**TASK DESCRIPTION:** Up to and including the line with "batched s [] = []", copy the records below exactly from their first line.

Stored data
****************
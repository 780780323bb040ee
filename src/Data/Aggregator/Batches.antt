-- ===== src/Data/Aggregator/Batches.antt =====
-- The ticks that come out of src/data/feed.py in bars.
use algo_engine.Prelude.{
  ℕ, Option, none, some, map, ◌≡◌, refl, sym, ap, ◌∙◌, List, [], ◌∷◌, ◌++◌, if◌then◌else◌,
  Bool-cases, Option-cases, inl, inr, append_assoc, append-nil,
}
use algo_engine.Prelude.Eq.{Eq, ◌=?◌}
use algo_engine.Prelude.Dict.{get_or-insert, insert}
use algo_engine.Trading.Market.{Tick}
use algo_engine.Data.Aggregator.{
  Resolution, DataAggregator, Batch, new_aggregator, buffer_of, put_buffer, ends_period, add_tick,
  has_ticks, flush_each, flush,
}

-- A call of the aggregator; a flush has the time that it is made at.
pub data Call (S D : Type 0) : Type 0 where
  adds : Tick S D → Call S D
  flushes : ℕ → Option S → Call S D

module _ {S D : Type 0} ⦃eq : Eq S⦄ where
  -- Calls one after another, with all batches that they return.
  unfoldable pub run : List (Call S D) → DataAggregator S D → List (Batch S D) × DataAggregator S D
  unfolding add_tick flush
  run [] a = ([], a)
  run (adds t ∷ cs) a =
      let (bs, a') = add_tick t a in let (bs', a'') = run cs a' in (bs ++ bs', a'')
  run (flushes now s ∷ cs) a =
      let (bs, a') = flush now s a in let (bs', a'') = run cs a' in (bs ++ bs', a'')

  -- The ticks of the calls, in order.
  abbrev pub added : List (Call S D) → List (Tick S D)
  added [] = []
  added (adds t ∷ cs) = t ∷ added cs
  added (flushes now s ∷ cs) = added cs

  -- The ticks of a symbol, in order.
  abbrev pub ticks_of : S → List (Tick S D) → List (Tick S D)
  ticks_of s [] = []
  ticks_of s (t ∷ ts) = let rest = ticks_of s ts in if t.symbol =? s then t ∷ rest else rest

  -- The ticks of the batches of a symbol, in order.
  abbrev pub batched : S → List (Batch S D) → List (Tick S D)
  batched s [] = []
  batched s (b ∷ bs) = let rest = batched s bs in if b.symbol =? s then b.ticks ++ rest else rest

  batched-append :
      (s : S) (bs cs : List (Batch S D)) → batched s (bs ++ cs) ≡ batched s bs ++ batched s cs
  batched-append s [] cs = refl
  batched-append s (b ∷ bs) cs = elim (Bool-cases (b.symbol =? s)) [
    | inl e ↦
        rw e (ap (λ x. b.ticks ++ x) (batched-append s bs cs) ∙ sym (append_assoc b.ticks _ _))
    | inr e ↦ rw e (batched-append s bs cs)
  ]

  put_buffer-buffer_of :
      (s : S) (t : Tick S D) (ts : List (Tick S D)) (a : DataAggregator S D)
      → buffer_of s (put_buffer t ts a) ≡ (if t.symbol =? s then ts else buffer_of s a)
  put_buffer-buffer_of s t ts a = get_or-insert t.symbol s ts [] a.buffers

  add_tick-batched :
      (s : S) (t : Tick S D) (a : DataAggregator S D)
      → let (bs, a') = add_tick t a in
        batched s bs ++ buffer_of s a' ≡ buffer_of s a ++ ticks_of s (t ∷ [])
  unfolding add_tick
  add_tick-batched s t a = elim (Bool-cases (t.symbol =? s)) [
    | inl e ↦
        let same : buffer_of t.symbol a ≡ buffer_of s a =
          ap (λ x. buffer_of x a) ((eq.beq_iff t.symbol s).0 e) in
        elim (Option-cases (ends_period t a)) [
          | inl stays ↦
              rw (stays, add_tick)
                (put_buffer-buffer_of s t (buffer_of t.symbol a ++ (t ∷ [])) a
                  ∙ (rw e (ap (λ x. x ++ (t ∷ [])) same)))
          | inr (p, ends) ↦
              rw (ends, e, add_tick)
                (ap (λ x. (buffer_of t.symbol a ++ []) ++ x) (put_buffer-buffer_of s t (t ∷ []) a)
                  ∙ (rw (e, same, append-nil (buffer_of s a)) refl))
        ]
    | inr e ↦ elim (Option-cases (ends_period t a)) [
      | inl stays ↦
          rw (stays, e, add_tick)
            (put_buffer-buffer_of s t (buffer_of t.symbol a ++ (t ∷ [])) a
              ∙ (rw e (sym (append-nil (buffer_of s a)))))
      | inr (p, ends) ↦
          rw (ends, e, add_tick)
            (put_buffer-buffer_of s t (t ∷ []) a ∙ (rw e (sym (append-nil (buffer_of s a)))))
    ]
  ]

  ticks_of-cons :
      (s : S) (t : Tick S D) (ts : List (Tick S D))
      → ticks_of s (t ∷ ts) ≡ ticks_of s (t ∷ []) ++ ticks_of s ts
  ticks_of-cons s t ts = elim (Bool-cases (t.symbol =? s)) [ inl e ↦ rw e refl | inr e ↦ rw e refl ]

  flush_each-batched :
      (s : S) (now : ℕ) (ss : List S) (a : DataAggregator S D)
      → let (bs, a') = flush_each now ss a in batched s bs ++ buffer_of s a' ≡ buffer_of s a
  unfolding flush_each
  flush_each-batched s now [] a = refl
  flush_each-batched s now (x ∷ ss) a =
      let emptied : DataAggregator S D = record a { buffers = insert x [] a.buffers } in
      let (bs, a') = flush_each now ss emptied in
      let left : buffer_of s emptied ≡ (if x =? s then [] else buffer_of s a) =
        get_or-insert x s [] [] a.buffers in
      let ih = flush_each-batched s now ss emptied in
      elim (Bool-cases (has_ticks (buffer_of x a))) [
        | inr idle ↦ rw (idle, flush_each) (flush_each-batched s now ss a)
        | inl some_ticks ↦ elim (Bool-cases (x =? s)) [
          | inr e ↦ rw (some_ticks, e, flush_each) (ih ∙ left ∙ (rw e refl))
          | inl e ↦
              let same : buffer_of x a ≡ buffer_of s a =
                ap (λ y. buffer_of y a) ((eq.beq_iff x s).0 e) in
              rw (some_ticks, e, flush_each)
                (append_assoc (buffer_of x a) (batched s bs) (buffer_of s a')
                  ∙ ap (λ ts. buffer_of x a ++ ts) (ih ∙ left)
                  ∙ (rw (e, same, append-nil (buffer_of s a)) refl))
        ]
      ]

  flush-batched :
      (s : S) (now : ℕ) (x : Option S) (a : DataAggregator S D)
      → let (bs, a') = flush now x a in batched s bs ++ buffer_of s a' ≡ buffer_of s a
  unfolding flush
  flush-batched s now none a = flush_each-batched s now (map (λ p. p.0) a.buffers) a
  flush-batched s now (some x) a = flush_each-batched s now (x ∷ []) a

  -- Two calls one after another, the second from `held'` on.
  batched-later :
      (s : S) (bs bs' : List (Batch S D)) (held' held'' more : List (Tick S D))
      → batched s bs' ++ held'' ≡ held' ++ more
      → batched s (bs ++ bs') ++ held'' ≡ (batched s bs ++ held') ++ more
  batched-later s bs bs' held' held'' more h =
      ap (λ x. x ++ held'') (batched-append s bs bs')
      ∙ append_assoc (batched s bs) (batched s bs') held''
      ∙ ap (λ x. batched s bs ++ x) h
      ∙ sym (append_assoc (batched s bs) held' more)

  run-batched :
      (s : S) (cs : List (Call S D)) (a : DataAggregator S D)
      → let (bs, a') = run cs a in
        batched s bs ++ buffer_of s a' ≡ buffer_of s a ++ ticks_of s (added cs)
  unfolding run
  run-batched s [] a = sym (append-nil (buffer_of s a))
  run-batched s (adds t ∷ cs) a =
      let (bs, a') = add_tick t a in
      let (bs', a'') = run cs a' in
      batched-later s bs bs' (buffer_of s a') (buffer_of s a'') (ticks_of s (added cs))
        (run-batched s cs a')
      ∙ ap (λ x. x ++ ticks_of s (added cs)) (add_tick-batched s t a)
      ∙ append_assoc (buffer_of s a) (ticks_of s (t ∷ [])) (ticks_of s (added cs))
      ∙ ap (λ x. buffer_of s a ++ x) (sym (ticks_of-cons s t (added cs)))
  run-batched s (flushes now x ∷ cs) a =
      let (bs, a') = flush now x a in
      let (bs', a'') = run cs a' in
      batched-later s bs bs' (buffer_of s a') (buffer_of s a'') (ticks_of s (added cs))
        (run-batched s cs a')
      ∙ ap (λ y. y ++ ticks_of s (added cs)) (flush-batched s now x a)

  -- Whatever ticks are added to a new aggregator and whatever is flushed in between: the ticks of a
  -- symbol are, in order and each once, the ticks of the bars that are returned for the symbol and then
  -- those that are still held.
  pub run-all :
      (r : Resolution) (s : S) (cs : List (Call S D))
      → let (bs, a) = run cs (new_aggregator r) in
        batched s bs ++ buffer_of s a ≡ ticks_of s (added cs)
  unfolding new_aggregator
  run-all r s cs = run-batched s cs (new_aggregator r)
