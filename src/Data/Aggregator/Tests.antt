-- ===== src/Data/Aggregator/Tests.antt =====
-- The theorems about src/data/feed.py at ticks, with whole numbers for decimals.
use algo_engine.Prelude.{refl, ℕ, ◌≡◌, none, some, List, [], ◌∷◌, ◌++◌, String}
use algo_engine.Prelude.Int.{ℤ, pos, ◌+ℤ◌}
use algo_engine.Prelude.Eq.{string_eq}
use algo_engine.Trading.Market.{Tick, mid_price, int_literals}
use algo_engine.Trading.Decimal.{int_decimal, ℤ-IsChain}
use algo_engine.Data.Aggregator.{Batch, minute, new_aggregator, buffer_of}
use algo_engine.Data.Aggregator.Batches.{
  Call, adds, flushes, run, added, ticks_of, batched, run-all,
}
use algo_engine.Data.Aggregator.Bars.{Bar, create_bar, post_init, prices_of}
use algo_engine.Data.Aggregator.Bars.Range.{IsRange, create_bar_lem}

abbrev tick_at : String → ℕ → Tick String ℤ
tick_at s t = record {
  symbol = s;
  timestamp = t;
  bid_price = pos 6;
  ask_price = pos 8;
  bid_size = pos 50;
  ask_size = pos 50;
  last_price = none;
}

abbrev ticks : List (Tick String ℤ)
ticks =
    tick_at "AUDUSD" 1000000
    ∷ record (tick_at "AUDUSD" 2000000) { bid_price = pos 4; ask_price = pos 6 }
    ∷ record (tick_at "AUDUSD" 3000000) { bid_price = pos 8 }
    ∷ []

-- The first three ticks, a flush of one symbol, and the last tick.
abbrev calls : List (Call String ℤ)
calls =
    adds (tick_at "AUDUSD" 1000000)
    ∷ adds (tick_at "EURUSD" 2000000)
    ∷ adds (tick_at "AUDUSD" 61000000)
    ∷ flushes 61500000 (some "AUDUSD")
    ∷ adds (tick_at "AUDUSD" 62000000)
    ∷ []

run-all_example :
    let (bs, a) = run calls (new_aggregator minute) in
    batched "AUDUSD" bs ++ buffer_of "AUDUSD" a ≡ ticks_of "AUDUSD" (added calls)
run-all_example = run-all minute "AUDUSD" calls

abbrev batch : Batch String ℤ
batch = record { symbol = "AUDUSD"; period = 0; ticks = ticks }

create_bar_lem_example :
    (x : Bar String ℤ) × (create_bar minute batch ≡ some x)
    × IsRange (pos 7) (pos 5 ∷ pos 8 ∷ []) x
    × (post_init x ≡ x)
unfolding prices_of mid_price ◌+ℤ◌
create_bar_lem_example = create_bar_lem ℤ-IsChain minute batch (pos 7) (pos 5 ∷ pos 8 ∷ []) refl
****************
**EXERCISE SOLUTION:**
repository 780780323bb040ee
filename src/Data/Aggregator/Batches.antt
-- ===== src/Data/Aggregator/Batches.antt =====
-- The ticks that come out of src/data/feed.py in bars.
use algo_engine.Prelude.{
  ℕ, Option, none, some, map, ◌≡◌, refl, sym, ap, ◌∙◌, List, [], ◌∷◌, ◌++◌, if◌then◌else◌,
  Bool-cases, Option-cases, inl, inr, append_assoc, append-nil,
}
use algo_engine.Prelude.Eq.{Eq, ◌=?◌}
use algo_engine.Prelude.Dict.{get_or-insert, insert}
use algo_engine.Trading.Market.{Tick}
use algo_engine.Data.Aggregator.{
  Resolution, DataAggregator, Batch, new_aggregator, buffer_of, put_buffer, ends_period, add_tick,
  has_ticks, flush_each, flush,
}

-- A call of the aggregator; a flush has the time that it is made at.
pub data Call (S D : Type 0) : Type 0 where
  adds : Tick S D → Call S D
  flushes : ℕ → Option S → Call S D

module _ {S D : Type 0} ⦃eq : Eq S⦄ where
  -- Calls one after another, with all batches that they return.
  unfoldable pub run : List (Call S D) → DataAggregator S D → List (Batch S D) × DataAggregator S D
  unfolding add_tick flush
  run [] a = ([], a)
  run (adds t ∷ cs) a =
      let (bs, a') = add_tick t a in let (bs', a'') = run cs a' in (bs ++ bs', a'')
  run (flushes now s ∷ cs) a =
      let (bs, a') = flush now s a in let (bs', a'') = run cs a' in (bs ++ bs', a'')

  -- The ticks of the calls, in order.
  abbrev pub added : List (Call S D) → List (Tick S D)
  added [] = []
  added (adds t ∷ cs) = t ∷ added cs
  added (flushes now s ∷ cs) = added cs

  -- The ticks of a symbol, in order.
  abbrev pub ticks_of : S → List (Tick S D) → List (Tick S D)
  ticks_of s [] = []
  ticks_of s (t ∷ ts) = let rest = ticks_of s ts in if t.symbol =? s then t ∷ rest else rest

  -- The ticks of the batches of a symbol, in order.
  abbrev pub batched : S → List (Batch S D) → List (Tick S D)
  batched s [] = []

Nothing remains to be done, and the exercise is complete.